* WORK ITEM
In the listing below, print exactly the lines from the first through the one that contains "abbrev pub key : Date → ℕ".

Segment Start: DATA EXTRACT

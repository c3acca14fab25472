-- ===== src/Calendar.antt =====
-- packages/config/src/time.ts and billing.ts: business days and monthly periods.
-- A `BusinessDate` is the text YYYY-MM-DD; here it is its three numbers. Texts of that form are
-- compared with `<` as their keys are compared, so `before` is the comparison of the source. A
-- text that does not match DATE_RE has no value here, and one that matches it and names no day
-- has: `parse_billing_date` refuses it. The calendar operations of the JavaScript `Date` that the
-- source uses (`Date.UTC`, `setUTCDate`) are written out for the years 100 to 9999.
pub mod Days
pub mod Month
pub mod Anchor
pub mod Period
pub mod Renewed
mod Tests
use pulso_crm.Prelude.{
  ℕ, zero, suc, ◌+◌, ◌-◌, ◌*◌, ◌/◌, ◌%◌, ◌≤◌, min, Bool, true, false, not, ◌&&◌, ◌||◌, Option, none,
  some, ltb, leb, ◌==◌, if◌then◌else◌, Result, ok, err, ◌>>=◌, failure,
}
use pulso_crm.Prelude.Int.{ℤ, pos, negsuc, sub_ℕ}

pub record Date : Type 0 where
  pub day : ℕ
  pub month : ℕ
  pub year : ℕ

abbrev pub date : ℕ → ℕ → ℕ → Date
date year month day = record { day = day; month = month; year = year }

-- The text's digits read as one number.
abbrev pub key : Date → ℕ
key t = (t.year * 100 + t.month) * 100 + t.day

-- `a < b` on texts YYYY-MM-DD.
abbrev pub before : Date → Date → Bool
before a b = ltb (key a) (key b)

unfoldable pub is_leap : ℕ → Bool
is_leap y = (y % 4 == 0) && (not (y % 100 == 0) || (y % 400 == 0))

-- April, June, September and November.
abbrev is_short : ℕ → Bool
is_short m = m == 11 || (m == 9 || (m == 6 || m == 4))

unfoldable pub days_in_month : ℕ → ℕ → ℕ
days_in_month year month =
    if is_short month then 30 else if not (month == 2) then 31 else if is_leap year then 29 else 28

pub record IsDate (t : Date) : Type 0 where
  pub month_low : 1 ≤ t.month
  pub month_high : t.month ≤ 12
  pub day_low : 1 ≤ t.day
  pub day_high : t.day ≤ days_in_month t.year t.month

-- `setUTCDate(getUTCDate() + 1)`.
unfoldable pub next_day : Date → Date
next_day t =
    if ltb t.day (days_in_month t.year t.month)
    then record t { day = t.day + 1 }
    else if ltb t.month 12
    then date t.year (t.month + 1) 1
    else date (t.year + 1) 1 1

-- `setUTCDate(getUTCDate() - 1)`.
unfoldable pub prev_day : Date → Date
prev_day t =
    if ltb 1 t.day
    then record t { day = t.day - 1 }
    else if ltb 1 t.month
    then date t.year (t.month - 1) (days_in_month t.year (t.month - 1))
    else date (t.year - 1) 12 (days_in_month (t.year - 1) 12)

unfoldable pub days_after : ℕ → Date → Date
days_after zero t = t
days_after (suc n) t = next_day (days_after n t)

unfoldable pub days_before : ℕ → Date → Date
days_before zero t = t
days_before (suc n) t = prev_day (days_before n t)

-- `Date.UTC(year, month, day)`: the month counts from 0 and may run past 11, and day 0 is the
-- last day of the month before.
unfoldable pub utc_date : ℕ → ℕ → ℕ → Date
utc_date year month zero = prev_day (date (year + month / 12) (month % 12 + 1) 1)
utc_date year month (suc n) = days_after n (date (year + month / 12) (month % 12 + 1) 1)

-- `addDays`, whose `days` may be negative.
unfoldable pub add_days : Date → ℤ → Date
add_days t (pos n) = days_after n t
add_days t (negsuc n) = days_before (suc n) t

-- `parseBillingDate`: the text must name a day of the calendar.
unfoldable pub parse_billing_date : Date → Result Date
parse_billing_date t =
    if leb 1 t.month && leb t.month 12 && leb 1 t.day && leb t.day (days_in_month t.year t.month)
    then ok t
    else err failure

-- `anchoredDate`; `month` counts from 0.
unfoldable pub anchored_date : ℕ → ℕ → ℕ → Result Date
anchored_date year month anchor_day =
    if ltb anchor_day 1 || ltb 31 anchor_day
    then err failure
    else let last_day : ℕ = (utc_date year (month + 1) 0).day in
      ok (utc_date year month (min anchor_day last_day))

-- `anchorDay ?? start.getUTCDate()`.
abbrev pub get_or : Option ℕ → ℕ → ℕ
get_or none d = d
get_or (some a) d = a

unfoldable pub next_monthly_date : Date → Option ℕ → Result Date
next_monthly_date start_date anchor_day = do
  start ← parse_billing_date start_date
  anchored_date start.year (start.month - 1 + 1) (get_or anchor_day start.day)

pub next_monthly_date_after : Date → ℕ → Result Date
next_monthly_date_after today anchor_day = do
  t ← parse_billing_date today
  candidate ← anchored_date t.year (t.month - 1) anchor_day
  if before today candidate then ok candidate else next_monthly_date today (some anchor_day)

unfoldable pub monthly_end_date : Date → Option ℕ → Result Date
monthly_end_date start_date anchor_day = do
  next ← next_monthly_date start_date anchor_day
  end ← parse_billing_date next
  ok (prev_day end)

pub data BillingCycle : Type 0 where
  monthly quarterly biannual annual class_pack : BillingCycle

-- `cycleDurationDays`.
pub cycle_duration_days : BillingCycle → Option ℕ
cycle_duration_days monthly = some 30
cycle_duration_days quarterly = some 90
cycle_duration_days biannual = some 180
cycle_duration_days annual = some 365
cycle_duration_days class_pack = none

-- `overrideDays ?? cycleDurationDays(cycle)`.
abbrev or_else : Option ℕ → Option ℕ → Option ℕ
or_else none b = b
or_else (some a) b = some a

-- The end of `membershipEndDate`: the first day counts.
unfoldable pub end_of_days : Date → Option ℕ → Option Date
end_of_days start_date none = none
end_of_days start_date (some days) = some (add_days start_date (sub_ℕ days 1))

-- `membershipEndDate`.
unfoldable pub membership_end_date : Date → BillingCycle → Option ℕ → Result (Option Date)
membership_end_date start_date monthly override_days = do
  end ← monthly_end_date start_date none
  ok (some end)
membership_end_date start_date class_pack override_days = ok none
membership_end_date start_date cycle override_days =
    ok (end_of_days start_date (or_else override_days (cycle_duration_days cycle)))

Segment End: DATA EXTRACT

* OUTPUT FOR THIS EXERCISE
repository c3acca14fab25472
-- ===== src/Calendar.antt =====
-- packages/config/src/time.ts and billing.ts: business days and monthly periods.
-- A `BusinessDate` is the text YYYY-MM-DD; here it is its three numbers. Texts of that form are
-- compared with `<` as their keys are compared, so `before` is the comparison of the source. A
-- text that does not match DATE_RE has no value here, and one that matches it and names no day
-- has: `parse_billing_date` refuses it. The calendar operations of the JavaScript `Date` that the
-- source uses (`Date.UTC`, `setUTCDate`) are written out for the years 100 to 9999.
pub mod Days
pub mod Month
pub mod Anchor
pub mod Period
pub mod Renewed
mod Tests
use pulso_crm.Prelude.{
  ℕ, zero, suc, ◌+◌, ◌-◌, ◌*◌, ◌/◌, ◌%◌, ◌≤◌, min, Bool, true, false, not, ◌&&◌, ◌||◌, Option, none,
  some, ltb, leb, ◌==◌, if◌then◌else◌, Result, ok, err, ◌>>=◌, failure,
}
use pulso_crm.Prelude.Int.{ℤ, pos, negsuc, sub_ℕ}

pub record Date : Type 0 where
  pub day : ℕ
  pub month : ℕ
  pub year : ℕ

abbrev pub date : ℕ → ℕ → ℕ → Date
date year month day = record { day = day; month = month; year = year }

-- The text's digits read as one number.
abbrev pub key : Date → ℕ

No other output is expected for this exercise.